### [TASK GOAL]
Work through the entries below and report how many lines include "over". The number alone is the answer.

*** Opening of MATERIAL TO PROCESS ***

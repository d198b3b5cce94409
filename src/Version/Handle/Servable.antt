-- ===== src/Version/Handle/Servable.antt =====
-- Which records `Handle` of internal/service/version/service.go may serve, and for how long.
use svm_go.Cache.Clock.{Duration}
use svm_go.Version.Records.{
  IsGone, is_negative_cacheable_status-IsGone, is_negative_cacheable_status-not,
}
use svm_go.Prelude.{
  ◌⊎◌, ◌↔◌, ℕ, zero, suc, ◌+◌, ◌<◌, ◌≡◌, refl, Bool, true, false, none, some, Str, ℤ, pos, negsuc,
  positive, pos_part, arith, Bool-cases, inl, inr, if◌then◌else◌,
}
use svm_go.Cache.{Record}
use svm_go.Cache.Clock.{Time, is_zero, before}
use svm_go.Cache.Policy.{Policy}
use svm_go.Version.{Response}
use svm_go.Version.Cached.{serve_record, hit_response, fresh_record, negative_record}
use svm_go.Version.Status.{
  is_negative_cacheable_status, should_serve_negative_cached_record, is_hard_expired,
  hard_expires_at,
}
use svm_go.Version.World.{UpstreamResponse}

-- A record that is not of a 404 or 410 may be served for the hard TTL: without a hard TTL always, else
-- until its own end, or where it has none, for the TTL from when it was fetched or, that unknown, last
-- checked, and always where neither is known.
abbrev pub Lives : Duration → Time → Record → Type 0
Lives (pos zero) now r = Unit
Lives (negsuc d) now r = Unit
Lives (pos (suc d)) now r =
    ((0 < r.expires_at) × (now < r.expires_at))
    ⊎ ((r.expires_at ≡ 0) × (0 < r.fetched_at) × (now < r.fetched_at + suc d))
    ⊎ ((r.expires_at ≡ 0)
        × (r.fetched_at ≡ 0)
        × (0 < r.last_checked_at)
        × (now < r.last_checked_at + suc d))
    ⊎ ((r.expires_at ≡ 0) × (r.fetched_at ≡ 0) × (r.last_checked_at ≡ 0))

-- A record may be served with a status: a 404 or 410 until it expires, with its own status, and any
-- other record while it lives, with 200.
pub data Servable (policy : Policy) (now : Time) (r : Record) (status : ℕ) : Type 0 where
  positive_hit :
      (IsGone r.source_status → ⊥)
      → Lives policy.hard_ttl now r
      → status ≡ 200
      → Servable policy now r status
  negative_hit :
      IsGone r.source_status
      → now < r.expires_at
      → status ≡ r.source_status
      → Servable policy now r status

is_zero_iff : (t : Time) → (is_zero t ≡ true) ↔ (t ≡ 0)
is_zero_iff zero = ground arith
is_zero_iff (suc t) = ground arith

is_hard_expired-Lives :
    (ttl : Duration) (now : Time) (r : Record)
    → (is_hard_expired r now ttl ≡ false) ↔ Lives ttl now r
unfolding is_hard_expired
is_hard_expired-Lives (pos zero) now r = ground arith
is_hard_expired-Lives (negsuc d) now r = ground arith
is_hard_expired-Lives (pos (suc d)) now r = elim (Bool-cases (is_zero r.fetched_at)) [
  | inl unknown ↦ rw unknown (
      ground (
        arith,
        is_zero_iff r.expires_at,
        is_zero_iff r.last_checked_at,
        (is_zero_iff r.fetched_at).0 unknown,
      ))
  | inr known ↦ rw known (ground (arith, is_zero_iff r.expires_at, is_zero_iff r.fetched_at))
]

is_zero_pos : (t : Time) → 0 < t → is_zero t ≡ false
is_zero_pos zero h = absurd (omega arith)
is_zero_pos (suc t) h = refl

positive_pos : (d : ℤ) → positive d ≡ true → (n : ℕ) × (d ≡ pos (suc n))
positive_pos (pos zero) h = absurd (cc h)
positive_pos (pos (suc n)) h = (n, refl)
positive_pos (negsuc n) h = absurd (cc h)

pub serve_record-Servable :
    (policy : Policy) (force : Bool) (key : Str) (now : Time) (r : Record) {a : Response}
    → serve_record policy force key now r ≡ some a
    → (force ≡ false) × (a ≡ hit_response a.status_code key r) × Servable policy now r a.status_code
unfolding serve_record should_serve_negative_cached_record
serve_record-Servable policy force key now r h =
    elim (Bool-cases (is_negative_cacheable_status r.source_status)) [
      | inl n ↦ (
        ground arith,
        ground arith,
        negative_hit ((is_negative_cacheable_status-IsGone r.source_status).0 n) (ground arith)
            (ground arith),
      )
      | inr n ↦
          let alive : is_hard_expired r now policy.hard_ttl ≡ false = ground arith in
          (
            ground arith,
            ground arith,
            positive_hit ((is_negative_cacheable_status-not r.source_status).0 n)
                ((is_hard_expired-Lives policy.hard_ttl now r).0 alive) (ground arith),
          )
    ]

pub Servable-serve_record :
    (policy : Policy) (key : Str) (now : Time) (r : Record) (status : ℕ)
    → Servable policy now r status
    → serve_record policy false key now r ≡ some (hit_response status key r)
unfolding serve_record should_serve_negative_cached_record
Servable-serve_record policy key now r status (positive_hit n e s) =
    let positive : is_negative_cacheable_status r.source_status ≡ false =
      (is_negative_cacheable_status-not r.source_status).1 n in
    let alive : is_hard_expired r now policy.hard_ttl ≡ false =
      (is_hard_expired-Lives policy.hard_ttl now r).1 e in
    ground (arith, positive, alive)
Servable-serve_record policy key now r status (negative_hit n e s) =
    let negative : is_negative_cacheable_status r.source_status ≡ true =
      (is_negative_cacheable_status-IsGone r.source_status).1 n in
    ground (arith, negative, is_zero_pos r.expires_at)

-- The record of a 200 answer is served until the hard TTL is over, and from then on is not.
pub serve_record-fresh_record :
    (policy : Policy) (url key : Str) (now later : Time) (resp : UpstreamResponse) (body : Str)
    → resp.status_code ≡ 200
    → positive policy.hard_ttl ≡ true
    → serve_record policy false key later (fresh_record policy url now resp body) ≡ (
        if before later (now + pos_part policy.hard_ttl)
        then some (hit_response 200 key (fresh_record policy url now resp body))
        else none)
unfolding serve_record should_serve_negative_cached_record is_negative_cacheable_status
    is_hard_expired hard_expires_at
serve_record-fresh_record policy url key now later resp body is_200 bounded =
    let (n, d) = positive_pos policy.hard_ttl bounded in
    ground (arith, d, is_zero_pos (now + suc n))

-- The record of a 404 or 410 answer is served with its status until the negative TTL is over, and
-- from then on is not.
pub serve_record-negative_record :
    (policy : Policy) (url key : Str) (now later : Time) (resp : UpstreamResponse) (body : Str)
    → is_negative_cacheable_status resp.status_code ≡ true
    → positive policy.negative_ttl ≡ true
    → serve_record policy false key later (negative_record policy url now resp body) ≡ (
        if before later (now + pos_part policy.negative_ttl)
        then some (hit_response resp.status_code key (negative_record policy url now resp body))
        else none)
unfolding serve_record should_serve_negative_cached_record
serve_record-negative_record policy url key now later resp body negative bounded =
    let (n, d) = positive_pos policy.negative_ttl bounded in
    ground (arith, d, is_zero_pos (now + suc n))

*** Close of MATERIAL TO PROCESS ***

### [REPLY TO THE TASK]
2